New Drugs and Clinical Trials Amendment Rules 2026: Faster Approvals for Pharma

The Ministry of Health and Family Welfare has notified the New Drugs and Clinical Trials (Amendment) Rules, 2026, introducing significant changes to the regulatory framework governing drug approvals, clinical trials, and non-commercial manufacture in India. The amendment, which became effective on March 7, 2026, refines the New Drugs and Clinical Trials Rules, 2019 by introducing prior-intimation pathways for lower-risk activities and halving the regulatory review timeline from 90 to 45 working days. The changes are part of the government's broader effort to reduce regulatory friction in the pharmaceutical sector and position India as a more competitive destination for clinical research and drug development.
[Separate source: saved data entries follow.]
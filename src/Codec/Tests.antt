-- ===== src/Codec/Tests.antt =====
-- The theorems on the codecs applied to a short file.
use hybrid_ftp_socket.Prelude.{none, [], ◌∷◌, ◌≡◌, refl, arith}
use hybrid_ftp_socket.Codec.Source.{Source, stops, yields, content, ending, fill}
use hybrid_ftp_socket.Codec.Block.{block_packet, encode_from, block_encode, block_decode}
use hybrid_ftp_socket.Codec.Block.Fuel.{block_decode-fueled}
use hybrid_ftp_socket.Prelude.{◌≢◌}
use hybrid_ftp_socket.Prelude.Outcome.{out_of_fuel}
use hybrid_ftp_socket.Codec.Block.RoundTrip.{block_decode-block_encode, block_encode-ending}
use hybrid_ftp_socket.Codec.Wire.{batch_wire}
use hybrid_ftp_socket.Codec.Wire.Batches.{IsBatched, batch_wire_lem}
use hybrid_ftp_socket.Prelude.{some}
use hybrid_ftp_socket.Prelude.Text.{is_space, lstrip, strip, upper_char, upper}
use hybrid_ftp_socket.Rdt.Context.{is_mode, is_type}
use hybrid_ftp_socket.Codec.Wire.{flush, last_batch, batch_from}
use hybrid_ftp_socket.Codec.Compressed.{
  run_length, literal_more, literal_length, run_primitive, literal_primitive, lengthened,
  put_literal, put_primitive, compress_from, compressed_encode, compressed_decode,
}
use hybrid_ftp_socket.Codec.Compressed.RoundTrip.{compressed_decode-compressed_encode}
use hybrid_ftp_socket.Codec.Chunks.{
  letter, normalize_mode, normalize_transfer_type, compressed_filler_byte, with_filler, dispatch,
  encode_chunks, decode_chunks,
}
use hybrid_ftp_socket.Codec.Chunks.RoundTrip.{decode_chunks-encode_chunks}

abbrev file : Source
file = yields (1 ∷ 2 ∷ 3 ∷ []) (yields (4 ∷ 5 ∷ []) stops)

-- The blocks of the file, of two bytes each, cut at other places.
abbrev cut : Source
cut =
    yields (0 ∷ 0 ∷ [])
      (yields (2 ∷ 1 ∷ 2 ∷ 0 ∷ 0 ∷ 2 ∷ 3 ∷ 4 ∷ 64 ∷ []) (yields (0 ∷ 1 ∷ 5 ∷ []) stops))

file-ending : ending file ≡ none
unfolding ending
file-ending = refl

cut-ending : ending cut ≡ none
unfolding ending
cut-ending = refl

cut-content : content cut ≡ content (block_encode file 2)
unfolding content block_encode encode_from fill block_packet
cut-content = refl

block_decode-block_encode_example :
    (content (block_decode cut) ≡ content file) × (ending (block_decode cut) ≡ none)
block_decode-block_encode_example =
    block_decode-block_encode 2 file cut (omega arith) (omega arith) file-ending cut-ending
      (omega arith, (omega arith, (omega arith, tt))) cut-content

block_encode-ending_example : ending (block_encode file 2) ≡ none
block_encode-ending_example = block_encode-ending 2 file (omega arith) (omega arith) file-ending

batch_wire_lem_example :
    (content (batch_wire file 4) ≡ content file)
    × (ending (batch_wire file 4) ≡ none)
    × IsBatched 4 (batch_wire file 4)
batch_wire_lem_example = batch_wire_lem 4 file (omega arith) file-ending

-- A run over two chunks, fillers and a literal.
abbrev runs : Source
runs = yields (7 ∷ 7 ∷ []) (yields (7 ∷ 0 ∷ 0 ∷ 0 ∷ []) (yields (1 ∷ 2 ∷ []) stops))

runs-ending : ending runs ≡ none
unfolding ending
runs-ending = refl

abbrev runs_cut : Source
runs_cut = yields [] (
    yields (0x83 ∷ [])
      (yields (7 ∷ 0xC3 ∷ 1 ∷ 1 ∷ []) (yields (1 ∷ 2 ∷ 0 ∷ []) (yields (0x40 ∷ []) stops))))

runs_cut-ending : ending runs_cut ≡ none
unfolding ending
runs_cut-ending = refl

runs_cut-content : content runs_cut ≡ content (compressed_encode 0 runs)
unfolding content compressed_encode compress_from fill lengthened put_primitive put_literal
    run_length literal_more literal_length run_primitive literal_primitive
runs_cut-content = refl

compressed_decode-compressed_encode_example :
    (content (compressed_decode 0 runs_cut) ≡ content runs)
    × (ending (compressed_decode 0 runs_cut) ≡ none)
compressed_decode-compressed_encode_example =
    compressed_decode-compressed_encode 0 runs runs_cut runs-ending runs_cut-ending runs_cut-content

runs-encoded : ending (encode_chunks runs (some (b'c' ∷ [])) (some (b'A' ∷ []))) ≡ none
unfolding ending content encode_chunks dispatch with_filler letter normalize_mode
    normalize_transfer_type compressed_filler_byte is_mode is_type is_space lstrip strip upper_char
    upper batch_wire batch_from flush last_batch compressed_encode compress_from fill lengthened
    put_primitive put_literal run_length literal_more literal_length run_primitive literal_primitive
runs-encoded = refl

decode_chunks-encode_chunks_example :
    let decoded =
      decode_chunks
        (encode_chunks runs (some (b'c' ∷ [])) (some (b'A' ∷ [])))
        (some (b'c' ∷ []))
        (some (b'A' ∷ [])) in
    (content decoded ≡ content runs) × (ending decoded ≡ none)
decode_chunks-encode_chunks_example =
    decode_chunks-encode_chunks runs runs-ending (some (b'c' ∷ [])) (some (b'A' ∷ [])) runs-encoded

-- A file whose second block is cut off.
abbrev truncated : Source
truncated = yields (0 ∷ 0 ∷ 1 ∷ 9 ∷ []) (yields (64 ∷ 0 ∷ 2 ∷ 8 ∷ []) stops)

truncated-ending : ending truncated ≢ some out_of_fuel
unfolding ending
truncated-ending e = absurd cc

block_decode-fueled_example : ending (block_decode truncated) ≢ some out_of_fuel
block_decode-fueled_example = block_decode-fueled truncated truncated-ending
Prior Intimation Pathway for Non-Commercial Manufacture

One of the key changes introduced by the amendment is the creation of a prior-intimation mechanism for non-commercial manufacture of lower-risk drugs. Previously, all manufacturing activities, including those intended solely for analytical testing or non-clinical research, required a full application in Form CT-10 and regulatory approval before commencement. Under the amended rules, manufacture of drugs meant for analytical and non-clinical testing can proceed on the basis of a prior intimation that is acknowledged online by the Central Licensing Authority. This replaces the earlier testing licence requirement for such activities. However, the prior-intimation route is not available for specified high-risk categories. Sex hormones, cytotoxic drugs, beta-lactam antibiotics, biologics containing live microorganisms, and narcotic or psychotropic substances remain subject to the full approval process. The distinction reflects a risk-proportionate regulatory approach.

Halved Review Timelines

The amendment reduces the regulatory review period for clinical trial applications from 90 working days to 45 working days. This is a substantial reduction that brings India's approval timelines closer to those in comparable regulatory jurisdictions. The 90-day timeline had been a persistent point of concern for pharmaceutical companies and clinical research organisations, as delays in trial approval directly affect time-to-market for new drugs and India's attractiveness as a site for global clinical trials. The compressed timeline applies to the CDSCO's review of applications, and the clock starts from the date of a complete submission. Applicants should note that the quality and completeness of the initial application will become even more critical, as any deficiency that requires resubmission will reset the timeline.

Simplified Bioavailability and Bioequivalence Studies

The amendment also streamlines the approval process for certain low-risk Bioavailability (BA) and Bioequivalence (BE) studies. These studies, which are essential for generic drug approvals and are typically lower in risk than full clinical trials, can now proceed under a prior-intimation mechanism rather than requiring prior regulatory approval. This change is expected to accelerate the generic drug pipeline, as BA/BE studies are a routine step in the approval of every generic formulation. The prior-intimation route for BA/BE studies is subject to the same exclusions as the non-commercial manufacture pathway: high-risk drug categories remain outside its scope. The amendment aims to allow the regulator to focus its review resources on genuinely novel and higher-risk applications.

Industry Impact and Competitive Positioning

India is the world's largest supplier of generic medicines by volume and a significant destination for clinical research. However, regulatory timelines have historically been cited as a competitive disadvantage compared to jurisdictions like Singapore, South Korea, and parts of the European Union. The 2026 amendment addresses this directly. Faster approvals are expected to attract more global pharmaceutical companies to conduct clinical trials in India, potentially increasing foreign direct investment in the sector. For domestic generic manufacturers, the streamlined BA/BE process will shorten the development cycle for new formulations. Contract research organisations operating in India stand to benefit from increased trial volumes.

Practical Takeaways

Pharmaceutical companies and CROs should update their regulatory strategy documents and project timelines to reflect the new 45-day review period. Internal SOPs for application preparation should be revised to ensure first-time completeness, as the shorter timeline increases the importance of a clean initial filing. Regulatory affairs teams should identify which of their ongoing or planned activities qualify for the prior-intimation route and transition those accordingly. Companies working with high-risk drug categories should note that the full approval process remains unchanged for them. Legal counsel advising pharma clients should review existing contracts and collaboration agreements to determine whether the new timelines affect any milestone-based obligations.